Well, most people know by now my choice is a Bulgarian Karakachan. This one is 10 months old and is fast showing how well she does on our small 6 acres where we have free-ranging goats and fowl...plus us humans


----------



## Oakshire_Farm (Dec 4, 2008)

I am a HUGE rottweiller fan. 

We have a mixed farm, horses, cows, calves, sheep, chickens, turkeys, rabbits and llama. AND 4 little girls. That dog of our is ALWAYS with the kids when they are out side. The chickens, turkeys and 1 pet bunny are always running around the yard, he never looks at them. But he will sure let us know if something is out of the normal. If we have a visitor show up he always keeps himself between the kids and the visitor. He has NEVER shown any sign of aggression, but no one has ever tried to get to those girls! 

I have always wanted a Cur or a Catahola Leopard Dog, I have heard nothing but great things about them.


----------



## Wyomingmama (May 18, 2013)

Taking notes, thanks!


----------



## CAjerseychick (Aug 11, 2013)

I would suggest one of the many breeds that has either a thick doublecoat of fur -- even shortish like a German shepherd or rottie. But something with a little protection from the bad weather is always a useful trait for a homestead dog...


----------



## aart (Oct 20, 2012)

Regardless of what kind of dog you get......training is essential, for you and the dog ;-)

If you get a puppy, it can take up to 2 years before they can be left alone with the animals.

Every new animal added must be introduced to the dog (more training for you and dog).

Good Luck and Have Fun!


----------



## mrs whodunit (Feb 3, 2012)

We have a lab that keeps watch over the animals and the kids.

Our neighbors are frequently loosing chickens to skunks or racoons. We have lost nothing buts cats. And thats "thanks" to another neighbor.

Once we show our lab the boundaries of our property thats where she stays. which IMO is amazing as we have moved her 8 times in her 13 years.

She is very protective of our kids but you'd never know it unless you posed a threat. She watches from afar never appearing to be keeping an eye out.

The vet says she probably a throw back as she isn't the traditional large sized lab. She is purebred weighing in at 40 lbs.

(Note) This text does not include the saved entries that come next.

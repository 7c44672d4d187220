-- ===== src/Pretrade/Guarantees.antt =====
-- What the locks of pretrade/lock.go guarantee.
use pit_go.Base.{ℕ, ◌≡◌, refl, ap, ◌∙◌, false, Option, none, some, List, [], ◌∷◌, is_empty}
use pit_go.Pretrade.{Library, succeeded, Result, ok, err, Lock}
use pit_go.Pretrade.Objects.{State}
use pit_go.Pretrade.Calls as Calls
use pit_go.Pretrade.Calls.{
  Call, Answer, call, run, decoded, step, keep, spec_run, Constructor, fresh, of_bytes, of_format,
  of_entries, construct, constructed, changed_to, to_payload, from_payload, then_result, map_result,
}
use pit_go.Pretrade.Effects.{Follows, locked, rendered}
use pit_go.Pretrade.Reads.{
  len-Follows, is_empty_lock-Follows, entries-Follows, prices-Follows, prices_of-Follows,
  marshal-Follows,
}
use pit_go.Pretrade.Writes.{
  push_many-Follows, merge-Follows, unmarshal-Follows, made, construct-Comes,
}

call-Follows : (lib : Library) (c : Call) (s : State lib.Content) → Follows lib c s
call-Follows lib Calls.len s = len-Follows lib s
call-Follows lib Calls.is_empty_lock s = is_empty_lock-Follows lib s
call-Follows lib Calls.entries s = entries-Follows lib s
call-Follows lib Calls.prices s = prices-Follows lib s
call-Follows lib (Calls.prices_of group) s = prices_of-Follows lib group s
call-Follows lib (Calls.push_many es) s = push_many-Follows lib es s
call-Follows lib (Calls.merge other) s = merge-Follows lib other s
call-Follows lib (Calls.marshal format) s = marshal-Follows lib format s
call-Follows lib (Calls.unmarshal format b) s = unmarshal-Follows lib format b s

-- A constructor of a lock and calls on that lock.
abbrev start : (lib : Library) → List Call → Result Lock × State lib.Content → State lib.Content
start lib cs (ok l, s) = (run lib cs (record s { receiver = l })).1
start lib cs (err e, s) = s

abbrev pub session :
    (lib : Library) → Constructor → List Call → State lib.Content → State lib.Content
session lib k cs s = start lib cs (construct lib k s)

-- Every native object that was created is destroyed, and none was read or destroyed when it was gone.
abbrev pub Settled : {C : Type 0} → State C → State C → Type 0
Settled s t = (t.live ≡ s.live) × (t.misused ≡ s.misused)

Settled-trans : {C : Type 0} (s t u : State C) → Settled s t → Settled t u → Settled s u
Settled-trans s t u h k = (k.0 ∙ h.0, k.1 ∙ h.1)

call-Settled : (lib : Library) (c : Call) (s : State lib.Content) → Settled s (call lib c s).1
call-Settled lib c s =
    let (n, k) = call-Follows lib c s in (ap (λ r. r.1.live) k, ap (λ r. r.1.misused) k)

run-Settled : (lib : Library) (cs : List Call) (s : State lib.Content) → Settled s (run lib cs s).1
run-Settled lib [] s = (refl, refl)
run-Settled lib (c ∷ cs) s =
    let t : State lib.Content = (call lib c s).1 in
    Settled-trans s t (run lib cs t).1 (call-Settled lib c s) (run-Settled lib cs t)

start-Settled :
    (lib : Library) (cs : List Call) (s : State lib.Content) (r : Result Lock) (n : ℕ)
    → Settled s (start lib cs (r, record s { next = n }))
start-Settled lib cs s (ok l) n = run-Settled lib cs (record s { next = n; receiver = l })
start-Settled lib cs s (err e) n = (refl, refl)

-- Whatever the native library answers, a lock that is constructed and then used by any calls, failures
-- included, leaves no native object of them behind and uses none that is gone.
pub session-Settled :
    (lib : Library) (k : Constructor) (cs : List Call) (s : State lib.Content)
    → Settled s (session lib k cs s)
session-Settled lib k cs s =
    let (n, h) = construct-Comes lib k s in rw h (start-Settled lib cs s (made lib k) n)

-- The raw bytes of a lock are not empty and are decoded to its contents.
pub record KeepsRaw (lib : Library) : Type 0 where
  pub not_empty : (c : lib.Content) → is_empty (lib.to_raw c) ≡ false
  pub from_raw-to_raw : (c : lib.Content) → lib.from_raw (lib.to_raw c) ≡ succeeded c

pub decoded-rendered :
    (lib : Library) → KeepsRaw lib → (c : lib.Content) → decoded lib (rendered lib c) ≡ ok c
decoded-rendered lib h c = rw (h.not_empty c, h.from_raw-to_raw c) refl

decoded-locked :
    (lib : Library)
    → KeepsRaw lib
    → (o : Option lib.Content) (l : Lock)
    → decoded lib (locked lib o l) ≡ keep lib o (decoded lib l)
decoded-locked lib h none l = refl
decoded-locked lib h (some c) l = decoded-rendered lib h c

-- Where the library decodes the raw bytes that it gives, the calls on a lock answer what the
-- specification says, and the bytes of the lock decode to its contents: a call that fails leaves them,
-- and a lock with bytes that cannot be decoded fails every call until it is unmarshalled.
pub decoded-run :
    (lib : Library)
    → KeepsRaw lib
    → (cs : List Call) (s : State lib.Content)
    → ((run lib cs s).0 ≡ (spec_run lib cs (decoded lib s.receiver)).0)
      × (decoded lib (run lib cs s).1.receiver ≡ (spec_run lib cs (decoded lib s.receiver)).1)
decoded-run lib h [] s = (refl, refl)
decoded-run lib h (c ∷ cs) s =
    let (n, k) = call-Follows lib c s in
    let r = step lib c (decoded lib s.receiver) in
    let t : State lib.Content = record s { next = n; receiver = locked lib r.1 s.receiver } in
    let (answers, at) = decoded-run lib h cs t in
    let same = decoded-locked lib h r.1 s.receiver in
    (
      rw k (ap (λ xs. r.0 ∷ xs) (answers ∙ ap (λ d. (spec_run lib cs d).0) same)),
      rw k (at ∙ ap (λ d. (spec_run lib cs d).1) same),
    )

Its going to be so sad on our next backpacking trip as I dont think she will be able to go  We went the end of Sept on a 6 mile hike and she had no issues but in the last 2 months she has really started to go down hill. (crying)

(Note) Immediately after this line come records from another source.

-- ===== src/Pretrade/RoundTrip.antt =====
-- Locks of pretrade/lock.go that are marshalled and restored.
use Prim.Native.String.{String}
use pit_go.Base.{ℕ, ◌≡◌, refl, ap, sym, ◌∙◌, List}
use pit_go.Pretrade.{Format, Library, Status, succeeded, failed, Result, ok, err, Lock}
use pit_go.Pretrade.Objects.{State}
use pit_go.Pretrade.Native.{to_format_name}
use pit_go.Pretrade.Methods.{new_lock_from_format, marshal}
use pit_go.Pretrade.Calls.{decoded, result_of, to_payload, then_result}
use pit_go.Pretrade.Effects.{rendered}
use pit_go.Pretrade.Reads.{marshal-Comes}
use pit_go.Pretrade.Writes.{new_lock_from_format-Comes}
use pit_go.Pretrade.Guarantees.{KeepsRaw, decoded-rendered}

then_result-ok :
    {A B : Type 0} (f : A → Result B) (r : Result A) (b : B)
    → then_result f r ≡ ok b
    → (a : A) × (r ≡ ok a) × (f a ≡ ok b)
then_result-ok f (ok a) b h = (a, refl, h)
then_result-ok f (err e) b h = cc

result_of-ok :
    {A : Type 0} (name : String) (x : Status A) (a : A) → result_of name x ≡ ok a → x ≡ succeeded a
result_of-ok name (succeeded b) a h = cc
result_of-ok name (failed out) a h = cc

-- The library decodes what it encodes in a format.
abbrev pub KeepsFormat : Library → Format → Type 0
KeepsFormat lib format =
    (c : lib.Content) (b : List ℕ)
    → lib.to_format format c ≡ succeeded b
    → lib.from_format format b ≡ succeeded c

-- Where the library decodes what it encodes, a payload that a lock is marshalled to restores a lock of
-- the same contents, at any time.
pub new_lock_from_format-marshal :
    (lib : Library)
    → KeepsRaw lib
    → (format : Format) → KeepsFormat lib format
    → (s t : State lib.Content) (b : List ℕ) → (marshal lib format s).0 ≡ ok b
    → (l : Lock) × ((new_lock_from_format lib format b t).0 ≡ ok l)
      × (decoded lib l ≡ decoded lib s.receiver)
new_lock_from_format-marshal lib raw format keeps s t b h =
    let (m, marshalled) = marshal-Comes lib format s in
    let (c, at, sent) =
      then_result-ok (to_payload lib format) (decoded lib s.receiver) b
        (sym (ap (λ r. r.0) marshalled) ∙ h) in
    let restored : lib.from_format format b ≡ succeeded c =
      keeps c b (result_of-ok (to_format_name format) (lib.to_format format c) b sent) in
    let (n, made) = new_lock_from_format-Comes lib format b t in
    (rendered lib c, ap (λ r. r.0) made ∙ rw restored refl, decoded-rendered lib raw c ∙ sym at)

The bad thing about Labs IMO is they take 2 years to grow up and those 2 years can be very hard.


----------



## CAjerseychick (Aug 11, 2013)

Here is our experience with our current 3....
Great pyreenees / anatolian 8months old-- a huge puppy, more agile and less thick coat (ie less coat care needed than pure Pyr)- has the typical LGD personality (they are a bit like very large cats, not super handler oriented, but likes being pet and allows people to pet him, who have been introduced, sorta sweet, in a cat like way)...
He is a chewing stage and loves to chew and dig and maybe once a week chase our chickens and play with them (3 killed so far, I found him sucking on our Roo, poor thing had been half denuded but no bites, just feathers pulled off, he didnt make it)-- we are working on this -- nothing killed for 6 weeks... Otherwise he gets along fine with the goats and cats (its really funny to see a black cat snuggling up to all that white fluffy fur) and our daughter...
He is goofy puppy by day, on guard at night (d/t that nice thick coat ) he sleeps outside most nights and up in a flash if hears anything - I usu get up and lock him inside 11pm-3am out for a nite round, then back in til 7am...
he has extremely powerful jaws and needed education for things like chomping casually thru several porch railings, for fun...
I do not doubt that if needed he can do his job with predators....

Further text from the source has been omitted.